L’obligation de mieux isoler les nouveaux logements et l’interdiction d’artificialiser les sols augmentent considérablement les prix de construction et décourage les investisseurs.
L’interdiction de louer les logements déclarés passoires thermiques et le coût trop élevé des travaux nécessaires pour les mettre aux normes excluent de la location un nombre croissant de logements anciens qui constituent l’essentiel des locations abordables en ville.
Ainsi promettre à la population des logements écologiques aboutit à aggraver la pénurie en logements proposés à la location à de prix accessibles ! Ces mesures vertes précipitent de plus les entreprises de construction et les agences immobilières dans une crise sévère, entrainant déjà de nombreux licenciements.
Ces mesures autoritaires sont peu efficaces sur la consommation réelle d’énergie ! Une étude du crédit mutuel sur les dépenses d’énergie de ses clients a révélé que les ménages habitant les logements présentés comme les moins énergivores dépensent près de deux fois plus d’énergie que prévu.
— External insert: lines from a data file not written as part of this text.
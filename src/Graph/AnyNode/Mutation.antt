-- ===== src/Graph/AnyNode/Mutation.antt =====
-- ayatori/src/graph_representation/node_tree.rs: the copies of a graph in which every node is changed.
-- The address that the next new node gets is passed on from one to the next.
pub mod Infallible
pub mod Shallow
use ayatori.Prelude.{ℕ, suc, String, List, [], ◌∷◌, ◌==◌, if◌then◌else◌}
use ayatori.Collections.Order.{nat_ord}
use ayatori.Collections.BTreeMap.{insert}
use ayatori.Entities.Errors.{Result, ok, err, ◌>>=◌, RuntimeError}
use ayatori.Entities.Params.{SessionParameters}
use ayatori.Graph.AnyNode.{NodeId, AnyNode, scalar_argument, node_id, all_args_and_dependencies}
use ayatori.Graph.AnyNode.Copies.{without_dependencies, node_with_added_prefix}
use ayatori.Graph.AnyNode.Replace.{Replacements, with_replacements}
use ayatori.Graph.AnyNode.Tree.{leaves_first_from}
use ayatori.Graph.Args.{NodesByName, get_bound}

-- What the closure makes of a node, and the next address.
abbrev pub Mutation : SessionParameters → Type 0
Mutation P = NodeId → AnyNode P → Result RuntimeError (AnyNode P × NodeId)

module _ {P : SessionParameters} where
  -- The closure, then the nodes that take the place of the children.
  unfoldable pub mutated_node :
      Mutation P → Replacements P → NodeId → AnyNode P → Result RuntimeError (AnyNode P × NodeId)
  mutated_node f m i node =
      f i node >>= λ r. with_replacements r.1 r.0 m >>= λ new_node. ok (new_node, suc r.1)

  unfoldable pub keep_new : Replacements P → AnyNode P → AnyNode P → Replacements P
  keep_new m node new_node =
      if node_id new_node == node_id node then m else insert m (node_id node) new_node

  -- The loop over the nodes below the root.
  unfoldable pub mutated_nodes :
      Mutation P
      → List (AnyNode P)
      → Replacements P
      → NodeId
      → Result RuntimeError (Replacements P × NodeId)
  mutated_nodes f [] m i = ok (m, i)
  mutated_nodes f (node ∷ nodes) m i =
      mutated_node f m i node >>= λ r. mutated_nodes f nodes (keep_new m node r.0) r.1

  unfoldable pub mutated_tree :
      Mutation P → NodeId → AnyNode P → Result RuntimeError (AnyNode P × NodeId)
  mutated_tree f i root =
      mutated_nodes f (leaves_first_from (all_args_and_dependencies root)) [] i >>= λ r.
      mutated_node f r.0 r.1 root

  unfoldable pub tree_without_dependencies :
      NodeId → AnyNode P → Result RuntimeError (AnyNode P × NodeId)
  tree_without_dependencies i root =
      mutated_tree (λ j node. ok (without_dependencies j node, suc j)) i root

  unfoldable pub tree_with_added_prefix :
      String → NodeId → AnyNode P → Result RuntimeError (AnyNode P × NodeId)
  tree_with_added_prefix prefix i root =
      mutated_tree (λ j node. ok (node_with_added_prefix j node prefix, suc j)) i root

  -- The closure of `with_substituted_arguments`.
  unfoldable pub substituted_argument : NodesByName P → Mutation P
  substituted_argument args i (scalar_argument j tag name) =
      get_bound args name >>= λ node. ok (node, i)
  substituted_argument args i node = ok (node, i)

  unfoldable pub with_substituted_arguments :
      NodesByName P → NodeId → AnyNode P → Result RuntimeError (AnyNode P × NodeId)
  with_substituted_arguments args i root = mutated_tree (substituted_argument args) i root

  unfoldable pub replaced_subnode : AnyNode P → AnyNode P → Mutation P
  replaced_subnode old_subnode new_subnode i node =
      ok ((if node_id node == node_id old_subnode then new_subnode else node), i)

  unfoldable pub with_replaced_subnode :
      AnyNode P → AnyNode P → NodeId → AnyNode P → Result RuntimeError (AnyNode P × NodeId)
  with_replaced_subnode old_subnode new_subnode i root =
      mutated_tree (replaced_subnode old_subnode new_subnode) i root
Ceux des logements les plus énergivores, deux fois moins. Pour les maisons individuelles, les moins bien classées ne consomment même que 27 % de plus que les meilleures ! Un démenti sévère des espoirs officiels, que l’organisme attribue pour un tiers à des erreurs de mesures et aux deux tiers à des facteurs comportementaux.
Globalement les obligations écologiques qui pèsent sur les logements aggravent franchement la crise du logement sans diminuer notablement la pollution thermique de l’environnement.
La liberté de circuler réservée aux riches
Les zones à faibles émissions renforcent fortement la ségrégation sociale dans les grandes villes.